Source : Les décodeurs de l’Europe
L’ouverture à la concurrence des services nationaux de transport ferroviaire de voyageurs, prévue par le droit européen, n’est aucunement synonyme de privatisation de la SNCF.
Elle doit permettre à d’autres entreprises ferroviaires de transporter des voyageurs sur le réseau français, de même que la SNCF peut déjà transporter des voyageurs sur le réseau de certains autres pays européens. C’est la base du marché unique européen : permettre à toutes les entreprises européennes de bénéficier de toutes les opportunités du grand marché commun.
Cette ouverture se fait au bénéficie des usagers (augmentation et diversité de l’offre) et devrait favoriser le développement du ferroviaire relativement à d’autres modes de transport plus polluants. Elle se concilie parfaitement avec l’idée du service public, dont les caractéristiques resteront définies par les régions françaises (TER par exemple) ou par l’État (Intercités par exemple). Seulement, plutôt que d’être automatiquement confiés à SNCF Mobilités, ces services publics seront attribués aux entreprises ferroviaires ayant soumis la meilleure offre au meilleur prix.
L’UE n’a jamais exigé la privatisation de la SNCF
Au contraire, il est inscrit spécifiquement dans le droit européen que le régime de la propriété dans les États membres (article 345 du Traité sur le fonctionnement de l’Union européenne) n’est pas une question pour l’UE. Le capital d’un opérateur de transport ferroviaire – celui qui fournit le service de transport, comme aujourd’hui SNCF Mobilités en France – peut donc être détenu à 100% par un État membre sans que cela ne soit considéré comme problématique au regard de l’objectif de développement de la concurrence. C’est le cas par exemple de la Deutsche Bahn, société anonyme dont le capital est détenu à 100% par l’État fédéral allemand, alors même que l’Allemagne a commencé à ouvrir son marché national à la concurrence à partir de 1994.
L’UE favorise le développement de la concurrence au profit des usagers…

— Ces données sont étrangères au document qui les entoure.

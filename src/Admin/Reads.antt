-- ===== src/Admin/Reads.antt =====
-- What the helpers of internal/admin/admin.go read of a request, beside what the tables ask of it.
use fix_session_lab.Base.{◌≡◌, refl, ap, ◌⊎◌, inl, inr, [], none, some, if_pos, if_neg, ite}
use fix_session_lab.Admin.Asked.{
  param, given, decimal_param, fault_at, some_text, a_decimal, an_integer,
}
use fix_session_lab.Admin.Params.{
  Request, query_get, or_default, ParamError, required, not_a_number, not_an_integer, require_int,
  int_of_parsed, not_an_integer, require_int, int_of_parsed, require_str, require_dec,
}
use fix_session_lab.Base.Atoi.{Parsed, number, bad_syntax, out_of_range, atoi}
use fix_session_lab.Base.Int.{ℤ}
use fix_session_lab.Base.Text.{Text, text_dec}
use fix_session_lab.Deps.{Deps, ok, err, Result-cases}

Parsed-cases : (p : Parsed ℤ) → ((n : ℤ) × (p ≡ number n)) ⊎ ((p ≡ bad_syntax) ⊎ (p ≡ out_of_range))
Parsed-cases (number n) = inl (n, refl)
Parsed-cases bad_syntax = inr (inl refl)
Parsed-cases out_of_range = inr (inr refl)

module _ ⦃L : Deps⦄ where
  pub str_cases :
      (r : Request) (key : Text)
      → ((t : Text) × (require_str r key ≡ ok t)
          × (param r key ≡ some t)
          × (fault_at key some_text (param r key) ≡ none))
        ⊎ ((require_str r key ≡ err (required key))
            × (param r key ≡ none)
            × (fault_at key some_text (param r key) ≡ some (required key)))
  unfolding require_str param fault_at
  str_cases r key = elim (text_dec (query_get r.query key) []) [
    | yes e ↦
        let v = query_get r.query key in
        let got : param r key ≡ none = if_pos (text_dec v []) e none (some v) in
        inr (
          if_pos (text_dec v []) e (err (required key)) (ok v),
          got,
          ap (fault_at key some_text) got,
        )
    | no n ↦
        let v = query_get r.query key in
        let got : param r key ≡ some v = if_neg (text_dec v []) n none (some v) in
        inl (
          v,
          if_neg (text_dec v []) n (err (required key)) (ok v),
          got,
          ap (fault_at key some_text) got,
        )
  ]

  pub dec_cases :
      (r : Request) (key : Text)
      → ((d : L.Decimal) × (require_dec r key ≡ ok d)
          × (decimal_param r key ≡ some d)
          × (fault_at key a_decimal (param r key) ≡ none))
        ⊎ ((x : ParamError) × (require_dec r key ≡ err x)
            × (decimal_param r key ≡ none)
            × (fault_at key a_decimal (param r key) ≡ some x))
  unfolding require_dec decimal_param fault_at
  dec_cases r key = elim (str_cases r key) [
    | inr (e, e', e'') ↦
        inr (required key, rw (e, require_dec) refl, rw (e', decimal_param) refl, rw e' refl)
    | inl (t, e, e', e'') ↦ elim (Result-cases (L.decimal_of_text t)) [
      | inl (d, p) ↦ inl (
        d,
        rw (e, require_dec) (rw p refl),
        rw (e', decimal_param) (rw p refl),
        rw (e', fault_at) (rw p refl),
      )
      | inr (x, p) ↦ inr (
        not_a_number key x,
        rw (e, require_dec) (rw p refl),
        rw (e', decimal_param) (rw p refl),
        rw (e', fault_at) (rw p refl),
      )
    ]
  ]

  pub int_cases :
      (r : Request) (key : Text)
      → ((t : Text) × (n : ℤ) × (require_int r key ≡ ok n)
          × (param r key ≡ some t)
          × (atoi t ≡ number n))
        ⊎ ((x : ParamError) × (require_int r key ≡ err x)
            × (fault_at key an_integer (param r key) ≡ some x))
  unfolding require_int int_of_parsed fault_at
  int_cases r key = elim (str_cases r key) [
    | inr (e, e', e'') ↦ inr (required key, rw (e, require_int) refl, rw e' refl)
    | inl (t, e, e', e'') ↦ elim (Parsed-cases (atoi t)) [
      | inl (n, p) ↦ inl (t, n, rw (e, require_int) (rw p refl), e', p)
      | inr (inl p) ↦ inr (
        not_an_integer key bad_syntax,
        rw (e, require_int) (rw p refl),
        rw (e', fault_at) (rw p refl),
      )
      | inr (inr p) ↦ inr (
        not_an_integer key out_of_range,
        rw (e, require_int) (rw p refl),
        rw (e', fault_at) (rw p refl),
      )
    ]
  ]

  pub or_default-given :
      (r : Request) (key default : Text)
      → or_default (query_get r.query key) default ≡ given r key default
  unfolding or_default given param
  or_default-given r key default =
      elim (text_dec (query_get r.query key) [])
        as (λ d.
          ite d default (query_get r.query key)
          ≡ elim (ite d none (some (query_get r.query key))) as (λ x. Text) [
            | none ↦ default
            | some v ↦ v
          ]) [ yes e ↦ refl | no n ↦ refl ]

Le fret et le transport international de voyageurs (Eurostar, Thalys, Thello) sont déjà ouverts à la concurrence depuis plusieurs années. Le droit européen prévoit aujourd’hui l’ouverture à la concurrence du transport ferroviaire de voyageurs. Dans les Etats membres qui l’ont déjà mise en œuvre, cette réforme s’est accompagnée d’une hausse sensible de l’attractivité des services (hausse de la fréquentation de 77% en Allemagne depuis le début de l’ouverture sur les lignes régionales, et de 200% en Suède entre 2001 et 2010), d’un accroissement de l’offre (+90% sur la liaison Prague-Ostrava en République tchèque par exemple) et d’une amélioration quantitative et qualitative des services offerts (ponctualité, qualité du parc de matériel roulant, nouveaux services de restauration à bord ou disponibilité du Wi-Fi ).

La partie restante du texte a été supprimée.